What we hear from the gospel is a clear example. The Pharisees are known to be a group of Jews who follow to the strict adherence of the Law. But the Pharisees, in Jesus’ eyes, have lost the plot by forgetting that the rules are supposed to bring people closer to God. Instead, they tried to apply the laws to Jesus and his followers in order to label them religiously as “NOT GOOD.”

“Why do your disciples not live according to the tradition of the elders, but eat with defiled hands?” they asked Jesus. In response, Jesus said, quoting the Prophet Isaiah: “These people honour me with their lips, but their hearts are far from me.”

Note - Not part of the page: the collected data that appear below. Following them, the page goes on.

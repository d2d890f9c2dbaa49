-- ===== src/Protocol/Records.antt =====
-- The 64-byte records are read back as they were written.
use pi86_rp.Common.{
  ℕ, suc, ◌+◌, ◌-◌, ◌^◌, ◌≤◌, ◌<◌, ◌≡◌, refl, sym, ap, ◌∙◌, true, [], ◌++◌, append-nil, arith, ◌==◌,
  Bytes, length, take, replicate, IsBytes, ljust, length-take, take-append_exact, length-ljust,
  >>=-eq-ok, guard-eq-ok, ok,
}
use pi86_rp.Struct.{Fields, fits, layout, pack, unpack}
use pi86_rp.Struct.RoundTrip.{
  length-layout, cut_exact, pack-eq-ok, pack-fits, length-pack, unpack-pack, pack-unpack,
  unpack-IsExact,
}
use pi86_rp.Protocol.{
  protocol_version, payload_size, message_size, message_format, encode, decode, Message,
}

abbrev message_fields : Message → Fields message_format
message_fields m = (
  m.version,
  (
    m.message_type,
    (m.flags, (m.sequence, (length m.payload, (m.status, (ljust payload_size m.payload, tt))))),
  ),
)

-- What a successful encoding says.
encode-eq-ok :
    (m : Message) {r : Bytes}
    → encode m ≡ ok r
    → (m.version ≡ 1) × (length m.payload ≤ 52) × (pack message_format (message_fields m) ≡ ok r)
unfolding encode
encode-eq-ok m h = ground arith

message_fields_exact :
    (m : Message) → length m.payload ≤ 52 → length (ljust payload_size m.payload) ≡ 52
message_fields_exact m h = length-ljust 52 m.payload h

-- A record that `encode` produced is decoded to the message that it came from.
pub decode-encode : (m : Message) (r : Bytes) → encode m ≡ ok r → decode r ≡ ok m
unfolding decode
decode-encode m r h =
    let (v, l, p) = encode-eq-ok m h in
    ground (
      arith,
      length-pack message_format (message_fields m) p,
      unpack-pack message_format (message_fields m) p (message_fields_exact m l, tt),
      take-append_exact (length m.payload) m.payload (replicate (52 - length m.payload) 0) refl,
    )

-- Every field is in the range of its column, and the payload fits.
pub record IsWire (m : Message) : Type 0 where
  pub supported : m.version ≡ protocol_version
  pub type_range : m.message_type < 256
  pub flags_range : m.flags < 65536
  pub sequence_range : m.sequence < 2 ^ 32
  pub status_range : m.status < 65536
  pub payload_range : length m.payload ≤ payload_size

-- A message whose fields are in range has a record of 64 bytes, which is decoded to the message.
pub encode_total :
    (m : Message)
    → IsWire m
    → (r : Bytes) × (encode m ≡ ok r) × (length r ≡ message_size) × (decode r ≡ ok m)
unfolding encode fits
encode_total m w =
    let fit : fits message_format (message_fields m) ≡ true = ground arith in
    let e : encode m ≡ ok (layout message_format (message_fields m)) =
      ground (arith, pack-fits message_format (message_fields m) fit) in
    (
      layout message_format (message_fields m),
      e,
      length-layout message_format (message_fields m),
      decode-encode m _ e,
    )

-- A message that is encoded has its fields in range.
pub encode-IsWire : (m : Message) (r : Bytes) → encode m ≡ ok r → IsWire m
unfolding fits
encode-IsWire m r h =
    let (v, l, p) = encode-eq-ok m h in
    let (fit, _) = pack-eq-ok message_format (message_fields m) p in ground arith

-- The record with the bytes behind the payload cleared.
abbrev pub cleared : ℕ → Bytes → Bytes
cleared n r = take (12 + n) r ++ replicate (52 - n) 0

pub decode-eq-ok :
    (r : Bytes) {m : Message}
    → decode r ≡ ok m
    → (len : ℕ) × (t : Bytes) × (len ≤ 52)
      × (m.version ≡ 1)
      × (m.payload ≡ take len t)
      × (unpack message_format r
          ≡ ok (m.version, (m.message_type, (m.flags, (m.sequence, (len, (m.status, (t, tt))))))))
unfolding decode
decode-eq-ok r h =
    let (_, h1) = guard-eq-ok (length r == message_size) _ _ h in
    let (v, u, h2) = >>=-eq-ok (unpack message_format r) _ h1 in
    (v.1.1.1.1.0, v.1.1.1.1.1.1.0, ground arith, ground arith, ground arith, ground arith)

payload_column :
    (len : ℕ) (t : Bytes)
    → length t ≡ 52
    → len ≤ 52
    → (take 52 (ljust 52 (take len t)) ++ replicate (52 - length (ljust 52 (take len t))) 0) ++ []
      ≡ take len ((take 52 t ++ replicate (52 - length t) 0) ++ []) ++ replicate (52 - len) 0
payload_column len t e h =
    let l : length (take len t) ≡ len = omega (arith, length-take len t) in
    rw
      (
        cut_exact 52 t e,
        cut_exact 52 (ljust 52 (take len t)) (length-ljust 52 (take len t) (omega arith)),
      )
      (rw (append-nil, append-nil) (ap (λ (n : ℕ). take len t ++ replicate (52 - n) 0) l))

reencode :
    (v mt fl sq len st : ℕ) (t : Bytes)
    → length t ≡ 52
    → len ≤ 52
    → layout message_format (v, (mt, (fl, (sq, (len, (st, (ljust 52 (take len t), tt)))))))
      ≡ cleared len (layout message_format (v, (mt, (fl, (sq, (len, (st, (t, tt))))))))
unfolding layout
reencode v mt fl sq len st t e h =
    let twelve : 12 + len
        ≡ suc (suc (suc (suc (suc (suc (suc (suc (suc (suc (suc (suc len))))))))))) =
      omega arith in
    rw (twelve, payload_column len t e h) refl

encode-layout :
    (m : Message)
    → m.version ≡ 1
    → length m.payload ≤ 52
    → fits message_format (message_fields m) ≡ true
    → encode m ≡ ok (layout message_format (message_fields m))
unfolding encode
encode-layout m v l fit = ground (arith, pack-fits message_format (message_fields m) fit)

same_fit :
    (m : Message) (len : ℕ) (t : Bytes)
    → fits message_format
        (m.version, (m.message_type, (m.flags, (m.sequence, (len, (m.status, (t, tt)))))))
      ≡ true
    → length m.payload ≡ len
    → fits message_format (message_fields m) ≡ true
unfolding fits
same_fit m len t fit e = ground arith

-- A record of bytes that is accepted is encoded again, up to the bytes behind the payload.
pub encode-decode :
    (r : Bytes) (m : Message)
    → IsBytes r
    → decode r ≡ ok m
    → encode m ≡ ok (cleared (length m.payload) r)
encode-decode r m b h =
    let (len, t, bound, v, p, u) = decode-eq-ok r h in
    let whole : layout message_format
          (m.version, (m.message_type, (m.flags, (m.sequence, (len, (m.status, (t, tt)))))))
        ≡ r =
      (pack-eq-ok _ _ (pack-unpack message_format r _ tt b u)).1 in
    let fit = (pack-eq-ok _ _ (pack-unpack message_format r _ tt b u)).0 in
    let width : length t ≡ 52 = (unpack-IsExact message_format r u).0 in
    let size_eq : length m.payload ≡ len = rw p (omega (arith, length-take len t)) in
    let again = reencode m.version m.message_type m.flags m.sequence len m.status t width bound in
    let fields_eq : layout message_format (message_fields m)
        ≡ layout message_format (
          m.version,
          (m.message_type, (m.flags, (m.sequence, (len, (m.status, (ljust 52 (take len t), tt)))))),
        ) =
      λ i. layout message_format (
        m.version,
        (m.message_type, (m.flags, (m.sequence, (size_eq i, (m.status, (ljust 52 (p i), tt)))))),
      ) in
    encode-layout m v (omega arith) (same_fit m len t fit size_eq)
    ∙ ap ok (fields_eq ∙ again ∙ ap (cleared len) whole ∙ ap (λ (n : ℕ). cleared n r) (sym size_eq))
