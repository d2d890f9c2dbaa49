-- ===== src/Channel/Picked.antt =====
-- Which reply an exchange returns: the first one that is valid, whatever was skipped before it.
use pi86_rp.Common.{
  ℕ, String, ◌≡◌, refl, sym, ap, ◌∙◌, ◌≢◌, inl, inr, true, Option, none, some, List, [], ◌∷◌, ◌++◌,
  ◌==◌, ==→eq, eq→==, Bool-cases, Bytes, All, >>=-eq-ok, raises_value_error, ok_injective, Error,
  Result, ok, err,
}
use pi86_rp.Protocol.{encode, Processor, Message}
use pi86_rp.Protocol.Records.{encode_total, IsWire}
use pi86_rp.Replies.{hid_output_report, validate_device_reply}
use pi86_rp.Channel.{
  no_reply, exchange_loop, exchange_hid_request, ExchangeResult, Round, transport_failed, nothing,
  received, disconnected,
}

-- A round after which the loop goes on: nothing was read, or a reply that is not this request's.
abbrev pub IsSkipped : {L : Type 0} → Message → Option Processor → Round L → Type 0
IsSkipped request expected nothing = Unit
IsSkipped request expected (received candidate latency) =
    raises_value_error (validate_device_reply candidate request expected) ≡ true
IsSkipped request expected (transport_failed error latency) = ⊥
IsSkipped request expected (disconnected error latency) = ⊥

abbrev pub found_reply : {L : Type 0} → Message → L → ExchangeResult L
found_reply reply latency = record { reply = some reply; latency_ms = latency; error = none }

module _ {L : Type 0} (request : Message) (expected : Option Processor) (ended : L) where
  loop-rejected :
      (stale : Option Error) (candidate : Bytes) (latency : L) (rounds : List (Round L))
      (r : Result Message)
      → validate_device_reply candidate request expected ≡ r
      → raises_value_error r ≡ true
      → (e : Error) × (exchange_loop request expected ended stale
            (received candidate latency ∷ rounds)
          ≡ exchange_loop request expected ended (some e) rounds)
  unfolding exchange_loop
  loop-rejected stale candidate latency rounds (ok reply) h v = cc
  loop-rejected stale candidate latency rounds (err e) h v = (e, rw (exchange_loop, h, v) refl)

  loop-accepted :
      (stale : Option Error) (candidate : Bytes) (latency : L) (rounds : List (Round L))
      (reply : Message)
      → validate_device_reply candidate request expected ≡ ok reply
      → exchange_loop request expected ended stale (received candidate latency ∷ rounds)
        ≡ ok (found_reply reply latency)
  unfolding exchange_loop
  loop-accepted stale candidate latency rounds reply h = rw (exchange_loop, h) refl

  loop_picks :
      (stale : Option Error) (skipped rounds : List (Round L)) (candidate : Bytes) (latency : L)
      (reply : Message)
      → All (IsSkipped request expected) skipped
      → validate_device_reply candidate request expected ≡ ok reply
      → exchange_loop request expected ended stale (skipped ++ received candidate latency ∷ rounds)
        ≡ ok (found_reply reply latency)
  unfolding exchange_loop
  loop_picks stale [] rounds candidate latency reply all v =
      loop-accepted stale candidate latency rounds reply v
  loop_picks stale (nothing ∷ skipped) rounds candidate latency reply (s, all) v =
      loop_picks stale skipped rounds candidate latency reply all v
  loop_picks stale (received other at ∷ skipped) rounds candidate latency reply (s, all) v =
      let (e, same) =
        loop-rejected stale other at (skipped ++ received candidate latency ∷ rounds) _ refl s in
      same ∙ loop_picks (some e) skipped rounds candidate latency reply all v
  loop_picks stale (transport_failed error at ∷ skipped) rounds candidate latency reply (s, all) v =
      absurd s
  loop_picks stale (disconnected error at ∷ skipped) rounds candidate latency reply (s, all) v =
      absurd s

  -- An exchange whose request fits the wire and is written whole returns the first valid reply, with no error,
  -- after rounds that read nothing or a reply that raises a `ValueError`.
  pub exchange_hid_request-first_valid :
      (start : L) (skipped rounds : List (Round L)) (candidate : Bytes) (latency : L)
      (reply : Message)
      → IsWire request
      → All (IsSkipped request expected) skipped
      → validate_device_reply candidate request expected ≡ ok reply
      → exchange_hid_request request expected 65 start ended
          (skipped ++ received candidate latency ∷ rounds)
        ≡ ok (found_reply reply latency)
  unfolding exchange_hid_request hid_output_report
  exchange_hid_request-first_valid start skipped rounds candidate latency reply w all v =
      let (b, e, l, _) = encode_total request w in
      rw (e, eq→== _ _ l) (loop_picks none skipped rounds candidate latency reply all v)

  -- A reply that a loop returns was validated, after rounds that were skipped.
  abbrev pub Picked : List (Round L) → ExchangeResult L → Message → Type 0
  Picked rounds result reply =
      (skipped rest : List (Round L)) × (candidate : Bytes) × (rounds
        ≡ skipped ++ received candidate result.latency_ms ∷ rest)
      × All (IsSkipped request expected) skipped
      × (validate_device_reply candidate request expected ≡ ok reply)
      × (result.error ≡ none)

  no_reply-ne :
      (at : L) (e : String × List ℕ × Option Error) (x : ExchangeResult L) (reply : Message)
      → ◌≡◌ {A = Result (ExchangeResult L)} (ok (no_reply at e)) (ok x)
      → x.reply ≢ some reply
  no_reply-ne at e x reply h p =
      let q : none ≡ some reply = ap (λ (y : ExchangeResult L). y.reply) (ok_injective h) ∙ p in cc

  later :
      (round : Round L) (rounds : List (Round L)) (x : ExchangeResult L) (reply : Message)
      → IsSkipped request expected round
      → Picked rounds x reply
      → Picked (round ∷ rounds) x reply
  later round rounds x reply s (skipped, rest, candidate, same, all, v, e) = (
    round ∷ skipped,
    rest,
    candidate,
    ap (λ (r : List (Round L)). round ∷ r) same,
    (s, all),
    v,
    e,
  )

  received_sound :
      (stale : Option Error) (candidate : Bytes) (latency : L) (rounds : List (Round L))
      (x : ExchangeResult L) (reply : Message) (r : Result Message)
      → ((e : Error)
          → exchange_loop request expected ended (some e) rounds ≡ ok x
          → Picked rounds x reply)
      → validate_device_reply candidate request expected ≡ r
      → exchange_loop request expected ended stale (received candidate latency ∷ rounds) ≡ ok x
      → x.reply ≡ some reply
      → Picked (received candidate latency ∷ rounds) x reply
  unfolding exchange_loop
  received_sound stale candidate latency rounds x reply (ok found) recurse v h p =
      let e : found_reply found latency ≡ x =
        ok_injective (sym (loop-accepted stale candidate latency rounds found v) ∙ h) in
      let some_reply : some found ≡ some reply = ap (λ (y : ExchangeResult L). y.reply) e ∙ p in
      let same : found ≡ reply = cc in
      (
        [],
        rounds,
        candidate,
        ap (λ (y : ExchangeResult L). received candidate y.latency_ms ∷ rounds) e,
        tt,
        v ∙ ap (λ (m : Message). ok m) same,
        ap (λ (y : ExchangeResult L). y.error) (sym e),
      )
  received_sound stale candidate latency rounds x reply (err e) recurse v h p =
      elim (Bool-cases (raises_value_error {A = Message} (err e))) [
        | inl skips ↦
            let s : raises_value_error (validate_device_reply candidate request expected) ≡ true =
              rw v skips in
            let (f, same) = loop-rejected stale candidate latency rounds _ refl s in
            later (received candidate latency) rounds x reply s (recurse f (sym same ∙ h))
        | inr leaves ↦
            let out : exchange_loop request expected ended stale
                  (received candidate latency ∷ rounds)
                ≡ err e =
              rw (exchange_loop, v, leaves) refl in
            let no : err e ≡ ok x = sym out ∙ h in cc
      ]

  loop_sound :
      (stale : Option Error) (rounds : List (Round L)) (x : ExchangeResult L) (reply : Message)
      → exchange_loop request expected ended stale rounds ≡ ok x
      → x.reply ≡ some reply
      → Picked rounds x reply
  unfolding exchange_loop
  loop_sound stale [] x reply h p = absurd (no_reply-ne ended _ x reply h p)
  loop_sound stale (transport_failed error at ∷ rounds) x reply h p =
      absurd (no_reply-ne at _ x reply h p)
  loop_sound stale (disconnected error at ∷ rounds) x reply h p =
      absurd (no_reply-ne at _ x reply h p)
  loop_sound stale (nothing ∷ rounds) x reply h p =
      later nothing rounds x reply tt (loop_sound stale rounds x reply h p)
  loop_sound stale (received candidate at ∷ rounds) x reply h p =
      received_sound stale candidate at rounds x reply _
        (λ e g. loop_sound (some e) rounds x reply g p) refl h p

  -- A reply that an exchange returns is valid for the request, it was read in a round after
  -- rounds that read nothing or a reply that raises a `ValueError`, and there is no error.
  pub exchange_hid_request_sound :
      (written : ℕ) (start : L) (rounds : List (Round L)) (x : ExchangeResult L) (reply : Message)
      → exchange_hid_request request expected written start ended rounds ≡ ok x
      → x.reply ≡ some reply
      → (written ≡ 65) × Picked rounds x reply
  unfolding exchange_hid_request
  exchange_hid_request_sound written start rounds x reply h p =
      let (b, _, h1) = >>=-eq-ok (encode request) _ h in
      let (_, _, h2) = >>=-eq-ok (hid_output_report b) _ h1 in
      elim (Bool-cases (written == 65)) [
        | inl whole ↦ (==→eq _ _ whole, loop_sound none rounds x reply (rw whole at h2) p)
        | inr short ↦ absurd (no_reply-ne start _ x reply (rw short at h2) p)
      ]
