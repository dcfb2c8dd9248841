-- ===== src/Cpu/Irq/Acks.antt =====
-- How often each interrupt controller is told that an interrupt has ended.
use ogos.Prelude.{
  ℕ, ◌+◌, ◌-◌, ◌≤◌, ◌≡◌, refl, ◌∙◌, Bool, false, not, ◌&&◌, ◌||◌, List, [], ◌∷◌, some, arith, ltb,
  ◌==◌, if◌then◌else◌, Bool-cases, inl, inr,
}
use ogos.Prelude.Bits.{test_bit, bit_and-pow_test}
use ogos.Cpu.Irq.{Irq, outportb, irq_send_eoi, irq_get_isr, acknowledge, irq_handler}

-- the number of ends of interrupts written to a controller's command port
abbrev pub eois : ℕ → List (ℕ × ℕ) → ℕ
eois pic [] = 0
eois pic (w ∷ ws) = (if (w.0 == pic) && (w.1 == 0x20) then 1 else 0) + eois pic ws

module _ (inportb : List (ℕ × ℕ) → ℕ → ℕ) (handler_run : ℕ → Irq → Irq) where
  -- the controllers have the interrupt in service, or it is none that they make up
  abbrev pub is_real : ℕ → Irq → Bool
  is_real irq m =
      not ((irq == 39) || (irq == 47)) || (test_bit (irq_get_isr inportb m).1 (irq - 32) == 1)

  acknowledge-eois :
      (irq : ℕ) (m : Irq)
      → ((pic h : ℕ) (m : Irq) → eois pic (handler_run h m).ports ≡ eois pic m.ports)
      → (eois 0x20 (acknowledge handler_run irq m).ports ≡ 1 + eois 0x20 m.ports)
        × (eois 0xA0 (acknowledge handler_run irq m).ports
            ≡ (if ltb 39 irq then 1 else 0) + eois 0xA0 m.ports)
  unfolding acknowledge irq_send_eoi outportb
  acknowledge-eois irq m quiet =
      let run_master = quiet 0x20 (m.irq_handlers (irq - 32)) (irq_send_eoi irq m) in
      let run_slave = quiet 0xA0 (m.irq_handlers (irq - 32)) (irq_send_eoi irq m) in
      elim (Bool-cases (ltb 39 irq)) [
        | inl slave ↦ elim (Bool-cases (m.irq_handlers (irq - 32) == 0)) [
          | inl free ↦ (rw (slave, free) (omega arith), rw (slave, free) (omega arith))
          | inr used ↦
              let to_master = rw slave at run_master in
              let to_slave = rw slave at run_slave in
              (rw (slave, used) (omega arith), rw (slave, used) (omega arith))
        ]
        | inr master ↦ elim (Bool-cases (m.irq_handlers (irq - 32) == 0)) [
          | inl free ↦ (rw (master, free) (omega arith), rw (master, free) (omega arith))
          | inr used ↦
              let to_master = rw master at run_master in
              let to_slave = rw master at run_slave in
              (rw (master, used) (omega arith), rw (master, used) (omega arith))
        ]
      ]

  -- The master controller is told once of each interrupt that is real and of a spurious one of the
  -- slave, the slave once of each real one of its own, as long as the handlers tell them nothing.
  pub irq_handler-eois :
      (irq : ℕ) (m : Irq)
      → 32 ≤ irq
      → irq ≤ 47
      → ((pic h : ℕ) (m : Irq) → eois pic (handler_run h m).ports ≡ eois pic m.ports)
      → (m' : Irq) × (irq_handler inportb handler_run irq m ≡ some m')
        × (eois 0x20 m'.ports ≡ (if is_real irq m || (irq == 47) then 1 else 0) + eois 0x20 m.ports)
        × (eois 0xA0 m'.ports ≡ (if is_real irq m && ltb 39 irq then 1 else 0) + eois 0xA0 m.ports)
  unfolding irq_handler irq_get_isr irq_send_eoi outportb
  irq_handler-eois irq m low high quiet =
      let inside : (ltb 47 irq || ltb irq 32) ≡ false = ground arith in
      let r = irq_get_isr inportb m in
      let test = bit_and-pow_test r.1 (irq - 32) in
      elim (Bool-cases ((irq == 39) || (irq == 47))) [
        | inl edge ↦ elim (Bool-cases (test_bit r.1 (irq - 32) == 1)) [
          | inl serviced ↦
              let counts = acknowledge-eois irq r.0 quiet in
              (
                acknowledge handler_run irq r.0,
                rw (inside, edge, test, serviced) refl,
                rw (edge, serviced) (counts.0 ∙ omega arith),
                rw (edge, serviced) (counts.1 ∙ omega arith),
              )
          | inr spurious ↦ (
            (if irq == 47 then irq_send_eoi 32 r.0 else r.0),
            rw (inside, edge, test, spurious) refl,
            rw (edge, spurious) (ground arith),
            rw (edge, spurious) (ground arith),
          )
        ]
        | inr plain ↦
            let counts = acknowledge-eois irq m quiet in
            (
              acknowledge handler_run irq m,
              rw (inside, plain) refl,
              rw plain counts.0,
              rw plain counts.1,
            )
      ]
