-- ===== src/Cpu/Irq/Masks.antt =====
-- Hiding and showing interrupts.
use ogos.Prelude.{
  ℕ, ◌^◌, ◌<◌, ◌≡◌, ◌≢◌, refl, ap, sym, ◌∙◌, List, ◌∷◌, arith, bit_and, bit_or, ◌==◌, if◌then◌else◌,
  Bool-cases, inl, inr, min, max, ◌%◌,
}
use ogos.Prelude.Words.{u16}
use ogos.Prelude.Bits.{
  test_bit, test_bit-mod, test_bit-lt, test_bit-complement, complement, pow-lt_pow, test_bit-bit_or,
  test_bit-bit_and, test_bit-pow_self, test_bit-pow_ne,
}
use ogos.Cpu.Irq.{Irq, outportb, irq_mask, irq_unmask, pic_data}

module _ (inports : List (ℕ × ℕ) → ℕ → ℕ) where
  -- the mask that the controller of an interrupt gives
  abbrev pub mask_of : ℕ → Irq → ℕ
  mask_of irq m = u16 (inports m.ports (pic_data irq).0)

  -- Masking writes to the interrupt's own controller the mask that it gave, with the bit of the
  -- interrupt set and the other bits as they were.
  pub irq_mask-hides :
      (irq k : ℕ) (m : Irq)
      → irq < 16
      → k < 16
      → k ≢ (pic_data irq).1
      → (v : ℕ) × ((irq_mask inports irq m).ports ≡ ((pic_data irq).0, v) ∷ m.ports)
        × (test_bit v (pic_data irq).1 ≡ 1)
        × (test_bit v k ≡ test_bit (mask_of irq m) k)
  unfolding irq_mask outportb pic_data
  irq_mask-hides irq k m hi hk other =
      let place = (pic_data irq).1 in
      let old = mask_of irq m in
      let small : place < 16 = ground arith in
      let at : (j : ℕ)
          → j < 16
          → test_bit (u16 (bit_or old (2 ^ place))) j
            ≡ max (test_bit old j) (test_bit (2 ^ place) j) =
        λ j h. test_bit-mod (bit_or old (2 ^ place)) 16 j h ∙ test_bit-bit_or old (2 ^ place) j in
      (
        u16 (bit_or old (2 ^ place)),
        refl,
        at place small ∙ omega (arith, test_bit-pow_self place, test_bit-lt old place),
        at k hk ∙ omega (arith, test_bit-pow_ne place k (λ e. other (sym e))),
      )

  -- Unmasking clears the bit whose number is the mask itself, modulo 32, and no other, whatever
  -- the interrupt's place in the mask is.
  pub irq_unmask-clears :
      (irq k : ℕ) (m : Irq)
      → k < 16
      → (v : ℕ) × ((irq_unmask inports irq m).ports ≡ ((pic_data irq).0, v) ∷ m.ports)
        × (test_bit v k ≡ (if k == mask_of irq m % 32 then 0 else test_bit (mask_of irq m) k))
  unfolding irq_unmask outportb pic_data
  irq_unmask-clears irq k m hk =
      let old = mask_of irq m in
      let n = old % 32 in
      let small : 2 ^ n < 2 ^ 32 = pow-lt_pow n 32 (omega arith) in
      let at =
        test_bit-mod (bit_and old (complement 32 (2 ^ n))) 16 k hk
        ∙ test_bit-bit_and old (complement 32 (2 ^ n)) k
        ∙ ap (λ b. min (test_bit old k) b) (test_bit-complement 32 (2 ^ n) k small (omega arith)) in
      (
        u16 (bit_and old (complement 32 (2 ^ n))),
        refl,
        elim (Bool-cases (k == n)) [
          | inl same ↦
              let e : n ≡ k = ground arith in
              rw same (at ∙ omega (arith, ap (λ i. test_bit (2 ^ i) k) e, test_bit-pow_self k))
          | inr apart ↦
              rw apart (at ∙ omega (arith, test_bit-pow_ne n k (ground arith), test_bit-lt old k))
        ],
      )
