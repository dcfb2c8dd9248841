-- ===== src/Cpu/Isr.antt =====
-- Exceptions and system calls: kernel/src/cpu/isr.c, kernel/src/sys/syscall.c. Handlers are
-- addresses, and what one does is an argument.
pub mod Dispatch
use ogos.Prelude.{ℕ, Bool, true, false, List, [], ◌∷◌, ltb, ◌==◌, if◌then◌else◌}

pub data Note : Type 0 where
  unhandled : ℕ → Note
  registered : ℕ → Note
  unknown_syscall : ℕ → Note

-- `isr_handlers`, `syscall_handlers` and the messages printed, the last one first.
pub record Isr : Type 0 where
  pub isr_handlers : ℕ → ℕ
  pub syscall_handlers : ℕ → ℕ
  pub notes : List Note

-- `aborted` is the end of the kernel in `abort`, or a failed assertion; `outside` an access outside
-- an array.
pub data Handled : Type 0 where
  done : Isr → Handled
  aborted : Isr → Handled
  outside : Handled

-- A read of `exception_msgs`, which has 32 messages.
pub isr_register_handler : ℕ → ℕ → Isr → Handled
isr_register_handler num handler m =
    if ltb num 256
    then (if m.isr_handlers num == 0
        then done (record m { isr_handlers = λ n. if num == n then handler else m.isr_handlers n })
        else if ltb num 32
        then done (record m { notes = registered num ∷ m.notes })
        else outside)
    else aborted m

-- The call of a handler gets the vector and eax of the interrupted code.
pub isr_handler : (ℕ → ℕ → ℕ → Isr → Handled) → ℕ → ℕ → Isr → Handled
isr_handler handler_run int_no eax m =
    if ltb int_no 256
    then (if m.isr_handlers int_no == 0
        then aborted (record m { notes = unhandled int_no ∷ m.notes })
        else handler_run (m.isr_handlers int_no) int_no eax m)
    else aborted m

pub syscall_handler : (ℕ → ℕ → Isr → Handled) → ℕ → Isr → Handled
syscall_handler sys_run eax m =
    if ltb eax 256
    then (if m.syscall_handlers eax == 0
        then done (record m { notes = unknown_syscall eax ∷ m.notes })
        else sys_run (m.syscall_handlers eax) eax m)
    else outside

-- `address` is that of `syscall_handler`.
pub init_syscall : ℕ → Isr → Handled
init_syscall address m = isr_register_handler 48 address m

Nowadays we would say that the Pharisees talked the talk, but did not walk the walk. The standards become the central point instead of being just pointers, signals and reminders of what really matter. Jesus used this opportunity to teach the people to get back to the basics. He cuts through the forest of minute rules and regulations and revealed the whole purpose of God’s Law—as said earlier, Law should be to protect and foster love for God and each other. Good law should provide a framework in which love, unity and fellowship can grow.

Today’s psalms identify the standards for a Just Person—a Good Person: “Those who walk blamelessly, and do what is right, and speak the truth from their heart; who do not slander with their tongue, and do no evil to their friends, nor take up a reproach against their neighbours;” those “who stand by their oath even to their hurt; who do not lend money at interest, and do not take a bribe against the innocent.”

Is it not interesting that these standards do not just describe the output of the heart, but also point towards good relationships?

Also, did Jesus intended to disregard the Laws of the Jews? No, nowhere in the scripture points to that. Jesus was not telling his listeners to disregard the Laws. But Jesus was speaking to his disciples, warning them of those evils that can pollute the human heart and destroy social relationships. The same message—the same warning—is given to us today.

We are being challenged and at the same time encouraged towards renewal by examining our traditional ways of acting and thinking that reflect “mere human standards” instead of God’s will. In our families, our workplaces, our schools, our social clubs and even in our parish community, do we make up rules, and follow them to help us grow together? Do these rules bring the best, bring the good in each of us? Or are we like the Pharisees, who used the Law to label people, to get back at people—meaning not to bring the good?

The church faces great criticism from society because of the mistakes her people, her leadership committed in the past—often, because of trying to stick to the rules but forgetting the purpose of those rules. Now, more than ever, we are being called to look into our own hearts, making perhaps a list of those destructive attitudes that can infect even the hearts of all of us who are striving to follow and be close to Jesus.

Now, more than ever, we are being challenged to be authentic Catholics. St James gives a good advice in the second reading: “Accept and submit to the Word which has been planted in you” … but do “not just listen to it” and think that’s good enough. No, act on his Word!